Electrochemical reduction of polycyclic aromatic compounds using microfibrous, high hydrogen overpotential electrodes.

摘要

The transformation of fundamental electrochemical technology into commercial processes that both meet societal needs and operate to generate a profit is the heart of industrial electrochemistry. However, few works have investigated inexpensive, efficient electrode design and electrolytic reactor engineering for direct electrochemical reduction of polycyclic aromatic compounds. The objective of this investigation was to design an effective process for electrochemically reducing these heavy hydrocarbons.; Porous microfibrous structures were manufactured utilizing Auburn University's technology for preparing nonwoven sheets of metal-cellulose preforms and sintering in a hydrogen environment.
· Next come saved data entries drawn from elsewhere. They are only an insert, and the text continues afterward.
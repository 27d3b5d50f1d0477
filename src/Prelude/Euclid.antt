-- ===== src/Prelude/Euclid.antt =====
-- `i64::div_euclid` and `rem_euclid` by a positive number, multiples, and saturation at 64 bits.
use Prim.Native.Nat.{ℕ, suc, ◌+◌, ◌-◌, ◌*◌, ◌/◌, ◌%◌, ◌^◌, ◌<◌, min}
use mathlib.Core.Path.{◌≡◌}
use native.Mathlib.Nat.{div-add-mod', mod-lt, add-mul, suc-mul, mul-le-mul_right}
use native.Mathlib.Omega.{arith}
use native.Mathlib.Decide.{dec_lt}
use logik_smith.Prelude.Int.{
  ℤ, pos, negsuc, pos_part, neg_part, sub_ℕ, ◌+ℤ◌, ◌≤ℤ◌, ◌<ℤ◌, eq_of_parts, +ℤ_parts,
}

-- The quotient rounded down.
unfoldable pub div_euclid : ℤ → ℕ → ℤ
div_euclid (pos a) n = pos (a / n)
div_euclid (negsuc a) n = negsuc (a / n)

unfoldable pub rem_euclid : ℤ → ℕ → ℕ
rem_euclid (pos a) n = a % n
rem_euclid (negsuc a) n = n - 1 - a % n

-- `a * n`
unfoldable pub scale : ℤ → ℕ → ℤ
scale a n = sub_ℕ (pos_part a * n) (neg_part a * n)

abbrev pub max_i64 : ℤ
max_i64 = pos (2 ^ 63 - 1)

-- An `i64` operation that saturates.
unfoldable pub saturating_i64 : ℤ → ℤ
saturating_i64 (pos n) = pos (min n (2 ^ 63 - 1))
saturating_i64 (negsuc n) = negsuc (min n (2 ^ 63 - 1))

pub scale_parts :
    (a : ℤ) (n : ℕ) → pos_part (scale a n) + neg_part a * n ≡ neg_part (scale a n) + pos_part a * n
unfolding scale
scale_parts a n = ground arith

pub div_euclid_lem : (a : ℤ) (n : ℕ) → 0 < n → scale (div_euclid a n) n +ℤ pos (rem_euclid a n) ≡ a
unfolding div_euclid rem_euclid
div_euclid_lem (pos a) n h =
    let whole = div-add-mod' a n in
    let quotient = scale_parts (pos (a / n)) n in
    eq_of_parts _ _ (omega (arith, +ℤ_parts (scale (pos (a / n)) n) (pos (a % n)), quotient, whole))
div_euclid_lem (negsuc a) n h =
    let whole = div-add-mod' a n in
    let below = mod-lt a h in
    let next : suc (a / n) * n ≡ a / n * n + n = suc-mul (a / n) n in
    let quotient = scale_parts (negsuc (a / n)) n in
    eq_of_parts _ _ (
      omega (
        arith,
        +ℤ_parts (scale (negsuc (a / n)) n) (pos (n - 1 - a % n)),
        quotient,
        next,
        whole,
        below,
      ))

pub rem_euclid-lt : (a : ℤ) (n : ℕ) → 0 < n → rem_euclid a n < n
unfolding rem_euclid
rem_euclid-lt (pos a) n h = mod-lt a h
rem_euclid-lt (negsuc a) n h = omega (arith, mod-lt a h)

pub scale_mono : (a b : ℤ) (n : ℕ) → a ≤ℤ b → scale a n ≤ℤ scale b n
scale_mono a b n h = omega (
  arith,
  scale_parts a n,
  scale_parts b n,
  mul-le-mul_right n h,
  add-mul (pos_part a) (neg_part b) n,
  add-mul (pos_part b) (neg_part a) n,
)

-- A multiple below the successor of another is no greater than that.
pub scale_cancel : (a b : ℤ) (n : ℕ) → scale a n <ℤ scale b n +ℤ pos n → a ≤ℤ b
scale_cancel a b n h = elim (dec_lt (pos_part b + neg_part a) (pos_part a + neg_part b)) [
  | no p ↦ omega arith
  | yes p ↦ absurd (
      omega (
        arith,
        h,
        +ℤ_parts (scale b n) (pos n),
        scale_parts a n,
        scale_parts b n,
        mul-le-mul_right n p,
        add-mul 1 (pos_part b + neg_part a) n,
        add-mul (pos_part a) (neg_part b) n,
        add-mul (pos_part b) (neg_part a) n,
      ))
]
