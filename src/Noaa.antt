-- ===== src/Noaa.antt =====
-- crates/logiksmith-core/src/noaa.rs: civil dates and day numbers since 1970-01-01. The solar
-- equations of this file are floating-point formulae, which are not part of the model.
pub mod Days
use logik_smith.Prelude.{ℕ, ◌+◌, ◌-◌, ◌*◌, ◌/◌, ◌%◌, ◌^◌, ltb, leb, if◌then◌else◌}
use logik_smith.Prelude.Int.{ℤ, pos, negsuc, pos_part, sub_ℕ, ◌+ℤ◌, ◌-ℤ◌, leb_ℤ}
use logik_smith.Prelude.Euclid.{scale, rem_euclid}

pub record CivilDate : Type 0 where
  pub year : ℤ
  pub month : ℕ
  pub day : ℕ

-- `/` of an `i64` by a positive number rounds towards zero.
unfoldable pub div_trunc : ℤ → ℕ → ℤ
div_trunc (pos a) n = pos (a / n)
div_trunc (negsuc a) n = pos 0 -ℤ pos ((a + 1) / n)

-- The era, of `length` years or days
unfoldable pub era_of : ℤ → ℕ → ℤ
unfolding div_trunc
era_of n length = div_trunc (if leb_ℤ (pos 0) n then n else n -ℤ pos (length - 1)) length

-- `year` counts from March on.
unfoldable pub days_from_march : ℤ → ℕ → ℕ → ℤ
unfolding era_of
days_from_march year month day =
    let era = era_of year 400 in
    let yoe = pos_part (year -ℤ scale era 400) in
    let mp = (month + 9) % 12 in
    let doy = (153 * mp + 2) / 5 + day - 1 in
    let doe = yoe * 365 + yoe / 4 - yoe / 100 + doy in scale era 146097 +ℤ pos doe -ℤ pos 719468

unfoldable pub days_from_civil : CivilDate → ℤ
unfolding days_from_march
days_from_civil date =
    days_from_march (if leb date.month 2 then date.year -ℤ pos 1 else date.year) date.month date.day

-- `as i32`
unfoldable pub to_i32 : ℤ → ℤ
unfolding rem_euclid
to_i32 a = sub_ℕ (rem_euclid (a +ℤ pos (2 ^ 31)) (2 ^ 32)) (2 ^ 31)

-- From the era and the day in it
unfoldable pub civil_of_era : ℤ → ℕ → CivilDate
unfolding to_i32
civil_of_era era doe =
    let yoe = (doe - doe / 1460 + doe / 36524 - doe / 146096) / 365 in
    let year = pos yoe +ℤ scale era 400 in
    let doy = doe - (365 * yoe + yoe / 4 - yoe / 100) in
    let mp = (5 * doy + 2) / 153 in
    let day = doy - (153 * mp + 2) / 5 + 1 in
    let month = if ltb mp 10 then mp + 3 else mp - 9 in
    record { year = to_i32 (if leb month 2 then year +ℤ pos 1 else year); month = month; day = day }

unfoldable pub civil_from_days : ℤ → CivilDate
unfolding era_of civil_of_era
civil_from_days days =
    let z = days +ℤ pos 719468 in
    let era = era_of z 146097 in civil_of_era era (pos_part (z -ℤ scale era 146097))
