-- ===== src/Schedules/Solar.antt =====
-- crates/logiksmith-core/src/schedule_astronomy.rs: local times, and the solar events of a local date.
-- The package jiff and the solar equations are parameters.
use logik_smith.Prelude.{
  ℕ, Bool, true, false, Option, none, some, List, [], ◌∷◌, not, if◌then◌else◌,
}
use logik_smith.Prelude.Int.{ℤ, pos, negsuc, ◌+ℤ◌}
use logik_smith.Prelude.Euclid.{scale, saturating_i64, div_euclid}
use logik_smith.Prelude.Order.{list_ord, nat_ord, same}
use logik_smith.Text.{Text}
use logik_smith.Noaa.{CivilDate, days_from_civil, civil_from_days}
use logik_smith.Schedules.Weekdays.{Weekday, WeekdaySet, contains}

pub record LocalTime : Type 0 where
  pub hour : ℕ
  pub minute : ℕ
  pub second : ℕ

pub data SolarAnchor : Type 0 where
  dawn sunrise sunset dusk : SolarAnchor

-- `DAWN_THRESHOLD_DEGREES` and `SUNRISE_THRESHOLD_DEGREES`
pub data Threshold : Type 0 where
  dawn_threshold sunrise_threshold : Threshold

-- The features of the build, what the code calls of jiff, and `solar_event_utc_ms` with its evening
-- variant (noaa.rs). `to_zoned` gives the civil time that the zone has and its instant.
pub record Calendar : Type 1 where
  pub timezones : Bool
  pub astronomy : Bool
  pub Zone : Type 0
  pub DateTime : Type 0
  pub Date : Type 0
  pub utc : Zone
  pub get_zone : Text → Option Zone
  pub datetime_at : Zone → ℤ → Option DateTime
  pub date_of : DateTime → Date
  pub at : Date → LocalTime → DateTime
  pub add_days : Date → ℤ → Option Date
  pub weekday_of : Date → Weekday
  pub to_zoned : DateTime → Zone → Option (DateTime × ℤ)
  pub same_datetime : DateTime → DateTime → Bool
  pub same_date : Date → Date → Bool
  pub crossing : CivilDate → ℕ × ℕ → Threshold → (evening : Bool) → Option ℤ

-- A milli-day
abbrev pub day_ms : ℕ
day_ms = 86400000

module _ (calendar : Calendar) where
  open calendar use {
    timezones, Zone, DateTime, Date, utc, get_zone, datetime_at, date_of, at, to_zoned,
    same_datetime, same_date, crossing, weekday_of,
  }

  unfoldable pub timezone_for : Text → Option Zone
  timezone_for id =
      if timezones
      then get_zone id
      else if same id (b'U' ∷ b'T' ∷ b'C' ∷ [])
      then some utc
      else none

  unfoldable pub resolve_local : DateTime → Zone → Option ℤ
  resolve_local dt zone = elim (to_zoned dt zone) [
    | none ↦ none
    | some (resolved, ms) ↦ if not (same_datetime resolved dt) then none else some ms
  ]

  unfoldable pub local_datetime_of : Zone → ℤ → Option DateTime
  local_datetime_of zone ms = datetime_at zone ms

  unfoldable pub local_date_of_utc : Zone → ℤ → Option Date
  unfolding local_datetime_of
  local_date_of_utc zone ms = elim (local_datetime_of zone ms) [
    | none ↦ none
    | some dt ↦ some (date_of dt)
  ]

  unfoldable pub utc_civil_date : ℤ → CivilDate
  utc_civil_date ms = civil_from_days (div_euclid ms day_ms)

  -- The event lies on the local date that was asked for.
  unfoldable pub is_on : Zone → Date → ℤ → Bool
  unfolding local_date_of_utc
  is_on zone date ms = elim (local_date_of_utc zone ms) [ none ↦ false | some d ↦ same_date d date ]

  -- The loop over the shifts of the UTC date
  unfoldable pub search_shifts : Zone → Date → ℕ × ℕ → Threshold → Bool → ℤ → List ℤ → Option ℤ
  unfolding is_on
  search_shifts zone date site threshold evening noon_days [] = none
  search_shifts zone date site threshold evening noon_days (shift ∷ shifts) =
      let rest = search_shifts zone date site threshold evening noon_days shifts in
      elim (crossing (civil_from_days (noon_days +ℤ shift)) site threshold evening) [
        | none ↦ rest
        | some ms ↦ if is_on zone date ms then some ms else rest
      ]

  unfoldable pub solar_event_for_local_date : Zone → Date → ℕ × ℕ → Threshold → Bool → Option ℤ
  unfolding resolve_local utc_civil_date search_shifts
  solar_event_for_local_date zone date site threshold evening =
      elim (resolve_local (at date (record { hour = 12; minute = 0; second = 0 })) zone) [
        | none ↦ none
        | some noon ↦
            search_shifts zone date site threshold evening (days_from_civil (utc_civil_date noon))
              (pos 0 ∷ negsuc 0 ∷ pos 1 ∷ [])
      ]

  abbrev pub threshold_of : SolarAnchor → Threshold
  threshold_of dawn = dawn_threshold
  threshold_of sunrise = sunrise_threshold
  threshold_of sunset = sunrise_threshold
  threshold_of dusk = dawn_threshold

  abbrev pub is_evening : SolarAnchor → Bool
  is_evening dawn = false
  is_evening sunrise = false
  is_evening sunset = true
  is_evening dusk = true

  unfoldable pub astronomical_occurrence :
      Date → SolarAnchor → ℤ → WeekdaySet → Zone → ℕ × ℕ → Option ℤ
  unfolding solar_event_for_local_date local_datetime_of resolve_local
  astronomical_occurrence date anchor offset days zone site =
      elim (solar_event_for_local_date zone date site (threshold_of anchor) (is_evening anchor)) [
        | none ↦ none
        | some event ↦ elim (local_datetime_of zone (saturating_i64 (event +ℤ scale offset 1000))) [
          | none ↦ none
          | some dt ↦
              if not (contains days (weekday_of (date_of dt))) then none else resolve_local dt zone
        ]
      ]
High hydrogen overpotential electrodes were fabricated by electroplating these substrates with micronic films of cadmium or zinc. Depositions were assessed using SEM and cyclic voltammetry to indicate complete, conformal coverage. AC impedance provided estimations of surface area and roughness for substrates and electrodes and confirmed non-rigorous model calculations.; Fabricated electrodes were utilized for stirred batch electroreduction of coal liquid, anthracene, and vanadium octa-ethylporphyrin. Feasibility of electrolytic hydrogenation for these reactants was demonstrated in both homogeneous phase and aqueous emulsion electrolytes despite gas evolution competition. Simultaneous electro-demetallization and electro-extraction of porphyrin bound vanadium in a hydrocarbon stream was shown for a liquid-liquid emulsion system. Finally, enhanced mass transfer performance was illustrated for fabricated microfibrous electrodes over planar geometries, and subsequent utilization in a laboratory flow-past reactor provided insight for industrial electrolytic design.